PROBLEM STATEMENT >>
In full and without alteration, write out the records.

——

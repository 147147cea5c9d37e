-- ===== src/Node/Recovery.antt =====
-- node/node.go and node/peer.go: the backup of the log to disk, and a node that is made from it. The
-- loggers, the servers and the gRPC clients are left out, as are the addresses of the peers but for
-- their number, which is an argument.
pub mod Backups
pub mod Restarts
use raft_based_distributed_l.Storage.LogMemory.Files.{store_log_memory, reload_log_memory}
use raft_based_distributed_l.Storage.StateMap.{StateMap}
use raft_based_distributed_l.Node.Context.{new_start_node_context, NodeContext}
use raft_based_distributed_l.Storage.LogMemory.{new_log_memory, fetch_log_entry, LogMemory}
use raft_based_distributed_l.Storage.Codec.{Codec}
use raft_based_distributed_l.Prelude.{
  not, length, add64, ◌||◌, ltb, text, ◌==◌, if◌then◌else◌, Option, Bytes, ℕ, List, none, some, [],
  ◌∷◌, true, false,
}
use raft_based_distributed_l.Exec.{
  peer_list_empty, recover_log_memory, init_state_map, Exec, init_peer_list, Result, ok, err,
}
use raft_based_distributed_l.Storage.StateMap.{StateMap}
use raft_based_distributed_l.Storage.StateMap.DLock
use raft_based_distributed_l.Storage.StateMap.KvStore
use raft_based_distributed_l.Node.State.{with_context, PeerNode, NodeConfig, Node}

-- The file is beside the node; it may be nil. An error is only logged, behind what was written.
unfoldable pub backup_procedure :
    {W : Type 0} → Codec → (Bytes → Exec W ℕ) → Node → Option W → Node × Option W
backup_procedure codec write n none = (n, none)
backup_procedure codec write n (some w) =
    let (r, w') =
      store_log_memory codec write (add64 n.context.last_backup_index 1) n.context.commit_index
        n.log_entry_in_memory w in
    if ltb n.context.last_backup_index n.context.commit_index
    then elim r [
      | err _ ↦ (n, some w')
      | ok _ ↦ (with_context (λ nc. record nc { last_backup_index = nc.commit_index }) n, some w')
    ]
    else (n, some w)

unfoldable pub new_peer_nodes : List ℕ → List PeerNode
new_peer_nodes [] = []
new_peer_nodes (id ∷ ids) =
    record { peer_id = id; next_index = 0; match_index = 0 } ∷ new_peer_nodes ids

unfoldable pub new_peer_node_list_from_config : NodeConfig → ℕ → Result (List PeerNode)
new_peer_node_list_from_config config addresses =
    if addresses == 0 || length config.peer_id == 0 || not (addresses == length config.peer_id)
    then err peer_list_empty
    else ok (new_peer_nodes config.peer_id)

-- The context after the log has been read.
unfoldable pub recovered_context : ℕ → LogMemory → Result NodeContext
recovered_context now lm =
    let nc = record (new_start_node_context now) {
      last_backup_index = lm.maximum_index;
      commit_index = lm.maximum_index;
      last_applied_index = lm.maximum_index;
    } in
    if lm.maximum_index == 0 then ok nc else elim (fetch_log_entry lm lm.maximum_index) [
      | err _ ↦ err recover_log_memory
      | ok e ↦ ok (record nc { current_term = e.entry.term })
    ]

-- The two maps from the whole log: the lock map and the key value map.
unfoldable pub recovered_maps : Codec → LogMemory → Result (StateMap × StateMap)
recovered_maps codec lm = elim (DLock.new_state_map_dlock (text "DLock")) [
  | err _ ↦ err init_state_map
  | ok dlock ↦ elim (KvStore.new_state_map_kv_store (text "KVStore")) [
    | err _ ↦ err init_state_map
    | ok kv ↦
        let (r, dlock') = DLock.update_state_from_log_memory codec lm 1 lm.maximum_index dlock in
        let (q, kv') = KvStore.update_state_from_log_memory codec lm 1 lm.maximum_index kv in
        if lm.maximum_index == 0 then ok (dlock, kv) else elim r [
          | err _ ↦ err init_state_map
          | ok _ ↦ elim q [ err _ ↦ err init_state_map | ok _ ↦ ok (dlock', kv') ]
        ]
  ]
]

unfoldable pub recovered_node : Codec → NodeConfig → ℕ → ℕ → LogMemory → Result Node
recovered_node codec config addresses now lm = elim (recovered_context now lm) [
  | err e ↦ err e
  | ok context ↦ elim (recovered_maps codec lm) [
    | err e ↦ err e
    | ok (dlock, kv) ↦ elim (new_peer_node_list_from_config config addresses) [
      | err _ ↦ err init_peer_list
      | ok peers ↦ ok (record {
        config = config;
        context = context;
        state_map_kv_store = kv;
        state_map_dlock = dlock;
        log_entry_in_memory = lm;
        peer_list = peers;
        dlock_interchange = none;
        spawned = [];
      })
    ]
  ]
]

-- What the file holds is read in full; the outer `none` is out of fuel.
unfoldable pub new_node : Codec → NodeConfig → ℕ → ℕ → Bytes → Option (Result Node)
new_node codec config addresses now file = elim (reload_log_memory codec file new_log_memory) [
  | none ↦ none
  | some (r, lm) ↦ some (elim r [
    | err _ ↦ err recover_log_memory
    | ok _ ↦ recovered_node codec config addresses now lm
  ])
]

——

RESPONSE >>
repository 147147cea5c9d37e
-- ===== src/Node/Recovery.antt =====
-- node/node.go and node/peer.go: the backup of the log to disk, and a node that is made from it. The
-- loggers, the servers and the gRPC clients are left out, as are the addresses of the peers but for
-- their number, which is an argument.
pub mod Backups
pub mod Restarts
use raft_based_distributed_l.Storage.LogMemory.Files.{store_log_memory, reload_log_memory}
use raft_based_distributed_l.Storage.StateMap.{StateMap}
use raft_based_distributed_l.Node.Context.{new_start_node_context, NodeContext}
use raft_based_distributed_l.Storage.LogMemory.{new_log_memory, fetch_log_entry, LogMemory}
use raft_based_distributed_l.Storage.Codec.{Codec}
use raft_based_distributed_l.Prelude.{
  not, length, add64, ◌||◌, ltb, text, ◌==◌, if◌then◌else◌, Option, Bytes, ℕ, List, none, some, [],
  ◌∷◌, true, false,
}
use raft_based_distributed_l.Exec.{
  peer_list_empty, recover_log_memory, init_state_map, Exec, init_peer_list, Result, ok, err,
}
use raft_based_distributed_l.Storage.StateMap.{StateMap}
use raft_based_distributed_l.Storage.StateMap.DLock
use raft_based_distributed_l.Storage.StateMap.KvStore
use raft_based_distributed_l.Node.State.{with_context, PeerNode, NodeConfig, Node}

-- The file is beside the node; it may be nil. An error is only logged, behind what was written.
unfoldable pub backup_procedure :
    {W : Type 0} → Codec → (Bytes → Exec W ℕ) → Node → Option W → Node × Option W
backup_procedure codec write n none = (n, none)
backup_procedure codec write n (some w) =
    let (r, w') =
      store_log_memory codec write (add64 n.context.last_backup_index 1) n.context.commit_index
        n.log_entry_in_memory w in
    if ltb n.context.last_backup_index n.context.commit_index
    then elim r [
      | err _ ↦ (n, some w')
      | ok _ ↦ (with_context (λ nc. record nc { last_backup_index = nc.commit_index }) n, some w')
    ]
    else (n, some w)

unfoldable pub new_peer_nodes : List ℕ → List PeerNode
new_peer_nodes [] = []
new_peer_nodes (id ∷ ids) =
    record { peer_id = id; next_index = 0; match_index = 0 } ∷ new_peer_nodes ids

unfoldable pub new_peer_node_list_from_config : NodeConfig → ℕ → Result (List PeerNode)
new_peer_node_list_from_config config addresses =
    if addresses == 0 || length config.peer_id == 0 || not (addresses == length config.peer_id)
    then err peer_list_empty
    else ok (new_peer_nodes config.peer_id)

-- The context after the log has been read.
unfoldable pub recovered_context : ℕ → LogMemory → Result NodeContext
recovered_context now lm =
    let nc = record (new_start_node_context now) {
      last_backup_index = lm.maximum_index;
      commit_index = lm.maximum_index;
      last_applied_index = lm.maximum_index;
    } in
    if lm.maximum_index == 0 then ok nc else elim (fetch_log_entry lm lm.maximum_index) [
      | err _ ↦ err recover_log_memory
      | ok e ↦ ok (record nc { current_term = e.entry.term })
    ]

-- The two maps from the whole log: the lock map and the key value map.
unfoldable pub recovered_maps : Codec → LogMemory → Result (StateMap × StateMap)
recovered_maps codec lm = elim (DLock.new_state_map_dlock (text "DLock")) [
  | err _ ↦ err init_state_map
  | ok dlock ↦ elim (KvStore.new_state_map_kv_store (text "KVStore")) [
    | err _ ↦ err init_state_map
    | ok kv ↦
        let (r, dlock') = DLock.update_state_from_log_memory codec lm 1 lm.maximum_index dlock in
        let (q, kv') = KvStore.update_state_from_log_memory codec lm 1 lm.maximum_index kv in
        if lm.maximum_index == 0 then ok (dlock, kv) else elim r [
          | err _ ↦ err init_state_map
          | ok _ ↦ elim q [ err _ ↦ err init_state_map | ok _ ↦ ok (dlock', kv') ]
        ]
  ]
]

unfoldable pub recovered_node : Codec → NodeConfig → ℕ → ℕ → LogMemory → Result Node
recovered_node codec config addresses now lm = elim (recovered_context now lm) [
  | err e ↦ err e
  | ok context ↦ elim (recovered_maps codec lm) [
    | err e ↦ err e
    | ok (dlock, kv) ↦ elim (new_peer_node_list_from_config config addresses) [
      | err _ ↦ err init_peer_list
      | ok peers ↦ ok (record {
        config = config;
        context = context;
        state_map_kv_store = kv;
        state_map_dlock = dlock;
        log_entry_in_memory = lm;
        peer_list = peers;
        dlock_interchange = none;
        spawned = [];
      })
    ]
  ]
]

-- What the file holds is read in full; the outer `none` is out of fuel.
unfoldable pub new_node : Codec → NodeConfig → ℕ → ℕ → Bytes → Option (Result Node)
new_node codec config addresses now file = elim (reload_log_memory codec file new_log_memory) [
  | none ↦ none
  | some (r, lm) ↦ some (elim r [
    | err _ ↦ err recover_log_memory
    | ok _ ↦ recovered_node codec config addresses now lm
  ])
]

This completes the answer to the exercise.